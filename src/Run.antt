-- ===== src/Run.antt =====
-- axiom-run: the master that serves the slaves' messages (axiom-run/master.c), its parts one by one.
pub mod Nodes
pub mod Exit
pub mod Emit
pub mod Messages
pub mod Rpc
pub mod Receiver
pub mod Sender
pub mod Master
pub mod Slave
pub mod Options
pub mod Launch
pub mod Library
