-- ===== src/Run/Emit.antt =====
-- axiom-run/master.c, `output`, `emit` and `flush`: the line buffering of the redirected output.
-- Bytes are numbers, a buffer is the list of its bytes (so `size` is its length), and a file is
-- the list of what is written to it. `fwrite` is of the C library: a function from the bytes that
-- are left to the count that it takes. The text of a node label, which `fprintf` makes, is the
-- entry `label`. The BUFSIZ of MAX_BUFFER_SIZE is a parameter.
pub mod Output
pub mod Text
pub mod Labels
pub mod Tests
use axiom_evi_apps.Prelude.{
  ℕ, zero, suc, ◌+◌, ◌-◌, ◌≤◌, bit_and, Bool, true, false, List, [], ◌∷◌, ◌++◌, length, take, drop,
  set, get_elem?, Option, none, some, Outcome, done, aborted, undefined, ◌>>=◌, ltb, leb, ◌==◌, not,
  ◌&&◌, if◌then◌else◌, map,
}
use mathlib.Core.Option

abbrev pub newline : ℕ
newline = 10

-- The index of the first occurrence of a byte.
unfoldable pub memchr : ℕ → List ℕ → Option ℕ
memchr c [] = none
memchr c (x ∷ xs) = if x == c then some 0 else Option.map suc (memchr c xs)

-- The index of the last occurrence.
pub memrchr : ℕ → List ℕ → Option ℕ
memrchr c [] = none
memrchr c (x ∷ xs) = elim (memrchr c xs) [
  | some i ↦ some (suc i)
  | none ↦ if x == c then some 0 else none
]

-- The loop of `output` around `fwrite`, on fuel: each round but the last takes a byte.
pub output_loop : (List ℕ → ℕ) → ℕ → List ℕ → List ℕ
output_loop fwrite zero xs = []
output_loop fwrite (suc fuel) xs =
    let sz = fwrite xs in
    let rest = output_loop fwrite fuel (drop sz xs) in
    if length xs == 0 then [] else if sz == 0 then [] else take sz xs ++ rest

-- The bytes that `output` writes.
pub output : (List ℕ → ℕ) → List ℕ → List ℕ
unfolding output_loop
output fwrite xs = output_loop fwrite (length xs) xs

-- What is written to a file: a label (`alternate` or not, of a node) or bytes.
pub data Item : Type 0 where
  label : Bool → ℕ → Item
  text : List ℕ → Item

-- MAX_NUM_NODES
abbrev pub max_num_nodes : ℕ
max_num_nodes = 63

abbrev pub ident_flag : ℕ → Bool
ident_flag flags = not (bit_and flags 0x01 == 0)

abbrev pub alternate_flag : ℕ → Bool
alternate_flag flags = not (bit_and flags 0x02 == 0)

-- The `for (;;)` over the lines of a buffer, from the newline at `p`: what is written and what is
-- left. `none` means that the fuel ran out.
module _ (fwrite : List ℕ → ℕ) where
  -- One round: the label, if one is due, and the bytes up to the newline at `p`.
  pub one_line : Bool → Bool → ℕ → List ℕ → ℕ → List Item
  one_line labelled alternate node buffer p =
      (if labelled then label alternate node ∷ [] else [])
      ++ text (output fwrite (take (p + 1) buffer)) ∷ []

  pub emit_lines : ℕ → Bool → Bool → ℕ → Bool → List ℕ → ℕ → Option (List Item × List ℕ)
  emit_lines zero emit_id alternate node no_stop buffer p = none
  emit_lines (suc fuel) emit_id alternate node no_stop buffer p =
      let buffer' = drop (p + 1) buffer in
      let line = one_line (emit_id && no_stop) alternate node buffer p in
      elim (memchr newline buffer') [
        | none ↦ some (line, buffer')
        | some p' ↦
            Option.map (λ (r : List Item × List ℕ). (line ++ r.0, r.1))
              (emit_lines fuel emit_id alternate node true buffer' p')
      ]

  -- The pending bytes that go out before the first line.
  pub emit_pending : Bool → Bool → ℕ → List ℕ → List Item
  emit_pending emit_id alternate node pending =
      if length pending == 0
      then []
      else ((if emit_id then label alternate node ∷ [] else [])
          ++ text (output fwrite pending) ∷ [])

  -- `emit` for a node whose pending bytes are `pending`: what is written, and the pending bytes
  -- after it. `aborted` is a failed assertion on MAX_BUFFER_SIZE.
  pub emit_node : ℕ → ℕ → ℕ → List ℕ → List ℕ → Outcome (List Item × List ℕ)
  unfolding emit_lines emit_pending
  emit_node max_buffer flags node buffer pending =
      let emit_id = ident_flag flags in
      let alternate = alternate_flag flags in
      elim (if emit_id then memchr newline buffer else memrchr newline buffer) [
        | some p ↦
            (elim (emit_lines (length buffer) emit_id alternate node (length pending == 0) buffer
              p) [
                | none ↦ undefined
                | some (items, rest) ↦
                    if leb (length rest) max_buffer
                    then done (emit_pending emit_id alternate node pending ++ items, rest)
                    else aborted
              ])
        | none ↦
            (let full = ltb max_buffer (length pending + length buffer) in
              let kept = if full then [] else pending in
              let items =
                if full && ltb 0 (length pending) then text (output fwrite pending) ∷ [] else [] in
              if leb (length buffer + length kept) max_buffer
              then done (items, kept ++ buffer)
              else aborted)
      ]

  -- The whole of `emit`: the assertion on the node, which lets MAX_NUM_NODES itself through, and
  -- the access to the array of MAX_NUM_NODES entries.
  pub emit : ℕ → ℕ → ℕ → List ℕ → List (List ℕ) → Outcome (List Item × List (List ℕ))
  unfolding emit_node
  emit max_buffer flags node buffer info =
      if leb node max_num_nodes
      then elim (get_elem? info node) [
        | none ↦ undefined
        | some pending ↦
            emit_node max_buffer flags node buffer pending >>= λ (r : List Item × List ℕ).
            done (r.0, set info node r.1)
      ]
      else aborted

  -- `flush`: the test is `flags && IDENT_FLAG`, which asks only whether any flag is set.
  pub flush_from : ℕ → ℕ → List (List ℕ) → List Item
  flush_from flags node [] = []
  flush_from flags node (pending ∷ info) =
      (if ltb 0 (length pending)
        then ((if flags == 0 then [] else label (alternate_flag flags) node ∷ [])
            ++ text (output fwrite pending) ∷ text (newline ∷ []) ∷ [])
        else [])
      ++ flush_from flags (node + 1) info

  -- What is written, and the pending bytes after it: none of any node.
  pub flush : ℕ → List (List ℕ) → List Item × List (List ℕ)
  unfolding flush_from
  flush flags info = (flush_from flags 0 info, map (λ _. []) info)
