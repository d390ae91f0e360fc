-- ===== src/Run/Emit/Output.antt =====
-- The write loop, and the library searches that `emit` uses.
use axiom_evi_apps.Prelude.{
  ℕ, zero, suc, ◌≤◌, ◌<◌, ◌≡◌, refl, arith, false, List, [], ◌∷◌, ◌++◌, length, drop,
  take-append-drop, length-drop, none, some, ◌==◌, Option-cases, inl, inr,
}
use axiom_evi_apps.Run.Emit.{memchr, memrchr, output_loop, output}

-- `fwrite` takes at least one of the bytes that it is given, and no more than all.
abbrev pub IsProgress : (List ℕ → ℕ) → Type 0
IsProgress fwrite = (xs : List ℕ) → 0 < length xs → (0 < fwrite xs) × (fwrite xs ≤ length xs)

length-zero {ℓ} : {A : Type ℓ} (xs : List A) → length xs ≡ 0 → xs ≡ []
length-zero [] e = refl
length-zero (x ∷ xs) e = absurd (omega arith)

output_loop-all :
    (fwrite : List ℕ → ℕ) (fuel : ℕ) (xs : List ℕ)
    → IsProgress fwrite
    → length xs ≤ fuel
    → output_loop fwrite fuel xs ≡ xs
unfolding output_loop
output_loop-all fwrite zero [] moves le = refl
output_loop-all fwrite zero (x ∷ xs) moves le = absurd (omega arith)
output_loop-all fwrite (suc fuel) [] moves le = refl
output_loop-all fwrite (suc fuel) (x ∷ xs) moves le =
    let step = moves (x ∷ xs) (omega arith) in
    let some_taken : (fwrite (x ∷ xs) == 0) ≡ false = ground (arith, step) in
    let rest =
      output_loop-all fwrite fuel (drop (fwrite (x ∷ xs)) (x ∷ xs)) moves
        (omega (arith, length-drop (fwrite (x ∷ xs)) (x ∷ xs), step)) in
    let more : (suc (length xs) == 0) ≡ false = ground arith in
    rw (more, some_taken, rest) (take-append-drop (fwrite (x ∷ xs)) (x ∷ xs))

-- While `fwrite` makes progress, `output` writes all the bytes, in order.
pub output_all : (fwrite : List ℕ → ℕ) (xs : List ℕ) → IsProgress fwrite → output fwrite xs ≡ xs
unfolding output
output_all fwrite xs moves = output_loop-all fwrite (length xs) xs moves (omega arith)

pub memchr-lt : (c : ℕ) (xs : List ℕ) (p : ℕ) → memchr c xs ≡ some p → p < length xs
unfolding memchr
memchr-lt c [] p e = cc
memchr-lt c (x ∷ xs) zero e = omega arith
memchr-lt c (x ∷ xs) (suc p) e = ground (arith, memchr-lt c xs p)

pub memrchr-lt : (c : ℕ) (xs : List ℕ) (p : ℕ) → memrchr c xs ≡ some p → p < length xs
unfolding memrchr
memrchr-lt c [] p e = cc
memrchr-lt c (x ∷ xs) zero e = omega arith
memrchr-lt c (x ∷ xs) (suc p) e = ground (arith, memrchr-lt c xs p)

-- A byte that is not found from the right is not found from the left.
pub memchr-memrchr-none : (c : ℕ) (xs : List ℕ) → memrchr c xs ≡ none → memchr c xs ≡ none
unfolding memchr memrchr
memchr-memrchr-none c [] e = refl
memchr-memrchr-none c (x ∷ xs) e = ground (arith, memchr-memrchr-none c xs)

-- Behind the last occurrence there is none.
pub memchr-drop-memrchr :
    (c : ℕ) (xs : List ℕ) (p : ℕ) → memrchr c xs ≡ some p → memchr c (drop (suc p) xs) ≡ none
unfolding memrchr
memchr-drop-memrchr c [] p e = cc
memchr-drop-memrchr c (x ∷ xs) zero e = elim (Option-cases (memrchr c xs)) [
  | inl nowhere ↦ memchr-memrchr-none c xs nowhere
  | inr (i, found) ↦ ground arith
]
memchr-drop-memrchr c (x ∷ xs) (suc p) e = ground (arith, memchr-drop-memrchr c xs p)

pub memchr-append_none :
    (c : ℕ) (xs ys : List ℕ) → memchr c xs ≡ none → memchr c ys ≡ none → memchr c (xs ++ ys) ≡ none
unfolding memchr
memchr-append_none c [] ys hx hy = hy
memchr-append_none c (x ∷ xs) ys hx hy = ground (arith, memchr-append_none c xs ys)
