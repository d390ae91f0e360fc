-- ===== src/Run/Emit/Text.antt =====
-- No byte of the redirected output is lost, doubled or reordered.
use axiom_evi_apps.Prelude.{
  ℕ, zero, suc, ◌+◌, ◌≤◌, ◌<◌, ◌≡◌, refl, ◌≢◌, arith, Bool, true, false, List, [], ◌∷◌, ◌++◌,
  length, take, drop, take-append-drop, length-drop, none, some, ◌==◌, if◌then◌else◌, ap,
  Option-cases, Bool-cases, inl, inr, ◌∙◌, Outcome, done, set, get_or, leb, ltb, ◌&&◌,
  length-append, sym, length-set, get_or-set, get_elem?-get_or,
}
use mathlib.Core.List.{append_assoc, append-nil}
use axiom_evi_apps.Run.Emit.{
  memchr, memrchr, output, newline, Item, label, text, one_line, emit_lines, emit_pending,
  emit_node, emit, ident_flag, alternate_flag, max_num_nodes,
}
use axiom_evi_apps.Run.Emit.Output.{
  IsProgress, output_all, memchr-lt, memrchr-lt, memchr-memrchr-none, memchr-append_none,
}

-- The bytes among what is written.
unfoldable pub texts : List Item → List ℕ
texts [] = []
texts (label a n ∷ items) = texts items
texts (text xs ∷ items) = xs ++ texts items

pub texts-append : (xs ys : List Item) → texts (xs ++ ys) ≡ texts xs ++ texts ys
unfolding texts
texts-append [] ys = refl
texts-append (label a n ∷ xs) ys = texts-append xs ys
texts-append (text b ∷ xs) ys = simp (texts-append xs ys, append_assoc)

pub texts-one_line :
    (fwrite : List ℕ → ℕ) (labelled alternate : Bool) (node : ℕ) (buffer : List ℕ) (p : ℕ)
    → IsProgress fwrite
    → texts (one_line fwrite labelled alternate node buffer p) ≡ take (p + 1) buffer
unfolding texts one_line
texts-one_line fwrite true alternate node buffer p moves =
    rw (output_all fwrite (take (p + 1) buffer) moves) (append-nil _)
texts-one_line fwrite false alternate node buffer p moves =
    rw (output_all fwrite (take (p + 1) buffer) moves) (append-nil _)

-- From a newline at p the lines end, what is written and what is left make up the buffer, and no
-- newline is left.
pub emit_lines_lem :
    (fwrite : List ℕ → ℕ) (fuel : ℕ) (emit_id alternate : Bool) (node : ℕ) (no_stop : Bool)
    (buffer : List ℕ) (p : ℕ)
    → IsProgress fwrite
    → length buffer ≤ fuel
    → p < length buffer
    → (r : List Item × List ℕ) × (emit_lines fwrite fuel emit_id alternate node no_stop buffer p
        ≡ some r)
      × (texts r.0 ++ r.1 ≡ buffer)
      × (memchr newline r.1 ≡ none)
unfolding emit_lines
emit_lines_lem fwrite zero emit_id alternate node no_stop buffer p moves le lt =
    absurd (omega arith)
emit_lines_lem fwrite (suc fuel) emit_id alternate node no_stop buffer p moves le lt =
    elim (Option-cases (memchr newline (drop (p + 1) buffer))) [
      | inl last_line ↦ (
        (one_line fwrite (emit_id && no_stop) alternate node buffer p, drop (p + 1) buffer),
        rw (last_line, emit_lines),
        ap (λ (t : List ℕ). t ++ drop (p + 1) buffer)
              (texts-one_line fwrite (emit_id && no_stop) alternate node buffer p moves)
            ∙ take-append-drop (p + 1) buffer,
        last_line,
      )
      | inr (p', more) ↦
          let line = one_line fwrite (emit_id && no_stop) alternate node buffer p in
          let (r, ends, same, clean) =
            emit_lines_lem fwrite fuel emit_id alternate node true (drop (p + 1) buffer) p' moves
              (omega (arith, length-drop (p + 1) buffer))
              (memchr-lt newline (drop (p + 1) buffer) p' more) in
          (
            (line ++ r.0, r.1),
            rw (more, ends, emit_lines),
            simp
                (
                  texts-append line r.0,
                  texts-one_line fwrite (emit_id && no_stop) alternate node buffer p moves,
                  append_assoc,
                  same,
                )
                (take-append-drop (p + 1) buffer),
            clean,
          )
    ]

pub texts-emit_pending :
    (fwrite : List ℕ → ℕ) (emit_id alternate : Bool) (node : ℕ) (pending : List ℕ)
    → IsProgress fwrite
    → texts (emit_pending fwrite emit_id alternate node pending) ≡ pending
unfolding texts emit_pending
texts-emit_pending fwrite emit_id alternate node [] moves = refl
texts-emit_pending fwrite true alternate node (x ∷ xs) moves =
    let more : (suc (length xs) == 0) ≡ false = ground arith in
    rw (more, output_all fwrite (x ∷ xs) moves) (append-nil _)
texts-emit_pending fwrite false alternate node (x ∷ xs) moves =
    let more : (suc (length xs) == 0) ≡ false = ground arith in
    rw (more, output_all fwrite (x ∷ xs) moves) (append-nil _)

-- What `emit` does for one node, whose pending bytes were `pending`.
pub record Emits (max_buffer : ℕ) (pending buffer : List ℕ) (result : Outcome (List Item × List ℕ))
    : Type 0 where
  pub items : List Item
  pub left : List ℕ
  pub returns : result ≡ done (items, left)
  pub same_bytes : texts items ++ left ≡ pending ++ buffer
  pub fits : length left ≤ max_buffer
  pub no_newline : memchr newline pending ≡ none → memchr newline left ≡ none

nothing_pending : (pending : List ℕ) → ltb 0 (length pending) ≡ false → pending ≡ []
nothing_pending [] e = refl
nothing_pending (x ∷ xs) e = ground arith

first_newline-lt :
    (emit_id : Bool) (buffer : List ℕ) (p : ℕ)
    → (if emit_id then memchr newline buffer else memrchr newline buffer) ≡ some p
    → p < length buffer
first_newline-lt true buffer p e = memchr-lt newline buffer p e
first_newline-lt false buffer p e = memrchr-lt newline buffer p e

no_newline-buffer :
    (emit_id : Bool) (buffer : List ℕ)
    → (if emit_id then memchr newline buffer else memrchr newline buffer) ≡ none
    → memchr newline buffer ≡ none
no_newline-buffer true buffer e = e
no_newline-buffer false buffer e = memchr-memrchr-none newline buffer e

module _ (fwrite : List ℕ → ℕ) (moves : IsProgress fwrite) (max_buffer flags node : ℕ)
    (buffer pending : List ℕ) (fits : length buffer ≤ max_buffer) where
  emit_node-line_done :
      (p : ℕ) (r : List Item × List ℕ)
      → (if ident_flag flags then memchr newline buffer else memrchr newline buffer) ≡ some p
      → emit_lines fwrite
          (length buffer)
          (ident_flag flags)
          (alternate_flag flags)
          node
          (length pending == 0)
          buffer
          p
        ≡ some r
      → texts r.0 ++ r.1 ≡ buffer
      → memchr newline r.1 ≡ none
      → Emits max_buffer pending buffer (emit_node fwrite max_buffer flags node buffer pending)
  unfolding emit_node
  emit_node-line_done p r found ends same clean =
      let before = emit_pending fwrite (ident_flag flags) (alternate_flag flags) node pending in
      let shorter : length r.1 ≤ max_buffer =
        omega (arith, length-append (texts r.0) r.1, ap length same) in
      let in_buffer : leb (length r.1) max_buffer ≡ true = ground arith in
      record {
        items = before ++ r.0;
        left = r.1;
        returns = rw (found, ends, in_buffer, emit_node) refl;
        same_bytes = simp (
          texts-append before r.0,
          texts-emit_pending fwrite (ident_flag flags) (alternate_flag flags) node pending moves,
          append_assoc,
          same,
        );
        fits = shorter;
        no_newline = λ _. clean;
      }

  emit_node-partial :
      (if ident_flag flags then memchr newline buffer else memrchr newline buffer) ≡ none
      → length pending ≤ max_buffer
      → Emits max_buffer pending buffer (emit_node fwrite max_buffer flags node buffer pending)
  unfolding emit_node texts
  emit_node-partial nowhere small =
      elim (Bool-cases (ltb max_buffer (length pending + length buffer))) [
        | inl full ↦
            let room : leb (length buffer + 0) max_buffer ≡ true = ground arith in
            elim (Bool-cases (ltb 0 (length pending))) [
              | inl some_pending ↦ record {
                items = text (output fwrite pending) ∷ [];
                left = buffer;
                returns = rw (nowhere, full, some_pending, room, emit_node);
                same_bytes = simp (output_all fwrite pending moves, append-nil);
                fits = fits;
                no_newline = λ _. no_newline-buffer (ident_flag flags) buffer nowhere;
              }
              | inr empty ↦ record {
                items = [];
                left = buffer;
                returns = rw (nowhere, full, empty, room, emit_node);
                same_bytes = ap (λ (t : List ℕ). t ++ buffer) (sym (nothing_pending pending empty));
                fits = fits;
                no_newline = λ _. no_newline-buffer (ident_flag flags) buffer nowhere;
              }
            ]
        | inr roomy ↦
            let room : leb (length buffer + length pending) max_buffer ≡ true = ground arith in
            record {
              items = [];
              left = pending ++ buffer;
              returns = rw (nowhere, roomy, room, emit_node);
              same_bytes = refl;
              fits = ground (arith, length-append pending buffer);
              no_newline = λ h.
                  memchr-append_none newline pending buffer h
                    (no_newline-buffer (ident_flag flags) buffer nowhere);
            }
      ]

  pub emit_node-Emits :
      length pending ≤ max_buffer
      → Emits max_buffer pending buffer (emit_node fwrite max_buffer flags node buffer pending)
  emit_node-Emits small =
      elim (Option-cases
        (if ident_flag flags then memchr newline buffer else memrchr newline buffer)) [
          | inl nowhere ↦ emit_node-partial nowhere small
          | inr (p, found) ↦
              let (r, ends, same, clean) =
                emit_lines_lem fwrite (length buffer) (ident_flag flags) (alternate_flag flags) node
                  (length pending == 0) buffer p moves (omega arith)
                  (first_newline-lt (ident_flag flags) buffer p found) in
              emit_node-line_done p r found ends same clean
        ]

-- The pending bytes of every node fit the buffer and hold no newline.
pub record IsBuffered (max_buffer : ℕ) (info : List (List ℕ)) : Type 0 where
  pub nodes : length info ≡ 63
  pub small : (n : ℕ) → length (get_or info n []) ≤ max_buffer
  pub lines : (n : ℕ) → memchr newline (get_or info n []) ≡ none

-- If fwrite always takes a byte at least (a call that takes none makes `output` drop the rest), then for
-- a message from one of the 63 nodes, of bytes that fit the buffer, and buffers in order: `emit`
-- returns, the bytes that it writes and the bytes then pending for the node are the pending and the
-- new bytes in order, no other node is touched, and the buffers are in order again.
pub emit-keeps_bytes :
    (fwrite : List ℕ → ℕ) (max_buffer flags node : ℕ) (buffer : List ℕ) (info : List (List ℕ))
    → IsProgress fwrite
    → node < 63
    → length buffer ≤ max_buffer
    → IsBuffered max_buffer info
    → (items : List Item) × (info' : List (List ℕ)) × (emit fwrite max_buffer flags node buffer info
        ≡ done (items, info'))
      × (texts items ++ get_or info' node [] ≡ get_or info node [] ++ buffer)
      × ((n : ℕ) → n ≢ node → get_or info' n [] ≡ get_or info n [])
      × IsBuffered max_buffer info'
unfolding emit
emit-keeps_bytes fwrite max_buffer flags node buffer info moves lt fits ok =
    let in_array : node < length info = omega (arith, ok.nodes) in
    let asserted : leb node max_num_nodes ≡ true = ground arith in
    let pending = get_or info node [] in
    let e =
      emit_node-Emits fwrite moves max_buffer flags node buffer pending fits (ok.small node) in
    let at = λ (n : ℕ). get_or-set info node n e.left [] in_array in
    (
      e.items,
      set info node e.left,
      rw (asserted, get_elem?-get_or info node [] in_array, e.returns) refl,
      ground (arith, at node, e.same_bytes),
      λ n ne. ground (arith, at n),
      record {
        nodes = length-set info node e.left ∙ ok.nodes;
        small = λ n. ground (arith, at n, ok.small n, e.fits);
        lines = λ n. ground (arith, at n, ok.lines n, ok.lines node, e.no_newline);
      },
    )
※
Problem to solve: Set down precisely the lines above between the line holding "pending) ∷ [])" and the line holding "(items, rest) ↦", inclusive, and nothing beyond them.

Final answer:
          ++ text (output fwrite pending) ∷ [])

  -- `emit` for a node whose pending bytes are `pending`: what is written, and the pending bytes
  -- after it. `aborted` is a failed assertion on MAX_BUFFER_SIZE.
  pub emit_node : ℕ → ℕ → ℕ → List ℕ → List ℕ → Outcome (List Item × List ℕ)
  unfolding emit_lines emit_pending
  emit_node max_buffer flags node buffer pending =
      let emit_id = ident_flag flags in
      let alternate = alternate_flag flags in
      elim (if emit_id then memchr newline buffer else memrchr newline buffer) [
        | some p ↦
            (elim (emit_lines (length buffer) emit_id alternate node (length pending == 0) buffer
              p) [
                | none ↦ undefined
                | some (items, rest) ↦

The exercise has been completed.